Still, under most circumstances, even an understaffed store is actually better than online shopping. Online, no matter how convenient, there is no help at all as customers are also the only personnel too. Occasionally, a little digging will uncover website help where further investigation may disclose a phone number (I quickly store those numbers in my phone). If we’re persistent, we may even be able to actually speak to a human and, possibly, rectify our issue.

For example, recently, the simple process of purchasing a gift certificate online for a specific store, though successfully navigated last year, left me empty handed. Finally, after two conversations with different employees on the other side of the world – and realizing they were also lost – I gave up.

No business should have a website which derails clients who want to spend money; it’s counterproductive. Yet, much online business today relies solely on the aptitude of the consumer to navigate the website and complete their own sale.

These are first world problems to be sure and, if we have them, we are blessed to say the least, because, today, too many Americans are really struggling. That brings us to the greatest fallout of corporate America’s new business practices: cutting corporate expenses and increasing profits by eliminating many types of jobs to the American people through outsourcing. Legislating employee minimums, the way we legislate other business procedures, would be a great solution. It’s the cost of doing business and committing those jobs to Americans would cut our jobless rate.

Decades of effort by workers and unions gave us fair wages, decent working conditions, and manageable work weeks. Eventually, management and owners found alternate routes to greater profits by shipping jobs to sweatshops overseas. This practice began cutting major inroads over 50 years ago, dismantling the anti-trust laws, and outsourcing the growing or manufacturing of product parts, and/or the assembling of those parts. Another great scam was trickle-down economics. Those at the top knew that there was nothing to trickle down, but increased profits would all float to the top; that was their goal.

Unencumbered and ingratiated, corporate America hasn’t missed a beat in down-sizing, restructuring, and investing more cunning than capital, ever since. Mastering illusion, they finished topping off their tanks by putting the customers to work, a tool big business perfected over a very long time, even beyond online shopping. They’ve reduced staff and increased self-service everywhere.

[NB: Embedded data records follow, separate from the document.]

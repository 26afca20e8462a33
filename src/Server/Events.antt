-- ===== src/Server/Events.antt =====
-- Which events the server's handler of committed entries makes.
use my_etcd.Base.{◌≡◌, refl, ◌∙◌, Bool-cases, inl, inr, ltb, Bytes}
use my_etcd.Types.{RaftEntry, KeyValue}
use my_etcd.Storage.KvStore
use my_etcd.Watch.Delivery.{notify_without_revision}
use my_etcd.Server.{EtcdServer, process_delete, detach_lease, delete_event, prev_of}

detach_lease-watch_mgr :
    (prev : KeyValue) (key : Bytes) (s : EtcdServer)
    → (detach_lease prev key s).watch_mgr ≡ s.watch_mgr
detach_lease-watch_mgr prev key s = elim (Bool-cases (ltb 0 prev.lease_id)) [
  | inl leased ↦ rw leased refl
  | inr not_leased ↦ rw not_leased refl
]

-- A committed delete reaches no watcher of the server, whatever it watches: the watchers and their queues are
-- as they were.
pub process_delete-watch_mgr :
    (e : RaftEntry) (s : EtcdServer) → (process_delete e s).watch_mgr ≡ s.watch_mgr
unfolding process_delete
process_delete-watch_mgr e s =
    let prev = prev_of e.key (KvStore.get e.key 0 s.kvstore) in
    notify_without_revision (delete_event e.key prev) (detach_lease prev e.key s).watch_mgr refl
    ∙ detach_lease-watch_mgr prev e.key s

Still, outsourcing remains the greatest damage to America’s job market. When a help line via a hard-to-find phone number on a website sends us to India instead of Indiana, we’ve got far greater issues than confusion over a gift certificate for hand cream. When business practices create massive private wealth and devastate the survival of America’s people and economy, the need for iron-clad legislation to reel in runaway corporate power is obvious.

The need for more jobs, fair work and wages are more obvious than ever right now because so many Americans are out of work due to the impact that COVID has had on business. COVID’s impact has also focused a spotlight on the need for universal health care for Americans, as so many struggle with a lack of medical coverage too.

Because we’re avoiding interaction, we may all be doing more for ourselves these days, but overall, outsourcing and the self-help model typify what’s wrong with our economy. Too many American jobs are going abroad cheap, or being replaced by customer self-service, unsalaried. Especially now, it doesn’t work for the people or the nation at large … not by a long stretch.